Бож, покрывая шум, велел:

— Оружие внесите! — и встал против Гиттофа-гота.

Тать заставил людей расступиться. Повёл рукой, обозначил ширину и длину спорного места; нарочитым сказал:

— Поле на щит! Поле поровну! Брань на двоих!

Тогда нарочитые пошли в градцев клад и вынесли оттуда щитов по счёту на каждого, дали поровну: кольчужнику и свею. Всего числом восемьдесят. Стали кругом. Через одного стали щитами внутрь. На колена опустились, пригнули головы.

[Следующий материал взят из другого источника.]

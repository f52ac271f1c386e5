-- ===== src/Entities/Placed.antt =====
-- What stands on a farm: placed items with the growth of a crop, of an animal or of a building.
-- A field of type `Option` that names another row is the relation as a query has loaded it.
use cifarm_server_alternativ.Prelude.{ℕ, Bool, Option, ℤ}
use cifarm_server_alternativ.Entities.Enums.{CropCurrentState, AnimalCurrentState, PlacedItemType}
use cifarm_server_alternativ.Entities.Catalog.{CropEntity, AnimalEntity, BuildingEntity}

pub record SeedGrowthInfoEntity : Type 0 where
  pub id : ℕ
  pub current_stage : ℤ
  pub current_stage_time_elapsed : ℤ
  pub total_time_elapsed : ℤ
  pub current_perennial_count : ℤ
  pub harvest_quantity_remaining : ℤ
  pub current_state : CropCurrentState
  pub is_fertilized : Bool
  pub crop : CropEntity

pub record AnimalInfoEntity : Type 0 where
  pub id : ℕ
  pub current_growth_time : ℤ
  pub current_hungry_time : ℤ
  pub current_yield_time : ℤ
  pub is_adult : Bool
  pub current_state : AnimalCurrentState
  pub harvest_quantity_remaining : ℤ
  pub already_sick : Bool
  pub animal : AnimalEntity

pub record BuildingInfoEntity : Type 0 where
  pub id : ℕ
  pub current_upgrade : ℕ
  pub occupancy : ℤ
  pub building : BuildingEntity

pub record PlacedItemEntity : Type 0 where
  pub id : ℕ
  pub user_id : ℕ
  pub type : PlacedItemType
  -- the `tileId` of its type
  pub tile_id : Option ℕ
  pub seed_growth_info : Option SeedGrowthInfoEntity
  pub animal_info : Option AnimalInfoEntity
  pub building_info : Option BuildingInfoEntity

Чисто поле внутри круга, утоптана земля. Ни травинки на ней, на жёлтой земле места Лысого.

Вступили в круг Бож и Гиттоф. Мечи у обоих — двуручные, длинные, тяжёлые. Скинули доспехи, ногами вытолкали их за поле.

В наступившей тишине пошли по кругу. Друг с друга не сводили глаз, остриями клинков царапали землю. Выбирали время. Встали. Их напряжённые, готовые к прыжку тела казались лёгкими.

Вот вскрикнули разом, коршунами бросились один к одному, метя в глаза. Мечи, звеня и скрежеща, сшиблись в воздухе. Искры осыпались на плечи недругов. Кольчужники и свеи ниже пригнули головы, спрятались за щитами. Отпрянули люди, опасаясь осколков, в едином выдохе слились и затаили дыхание. Но не затих ещё первый звон, как вновь столкнулось злое железо, вновь искры осветили круг. Мечи со свистом секли воздух. Сразу взмокли рубахи, потемнели между лопаток.

Взвился клинок гота. Едва уследили, как дугой сверкнул он. И видели, как рикс увернулся, как меч кёнинга наполовину вошёл в землю. Послышались смешки.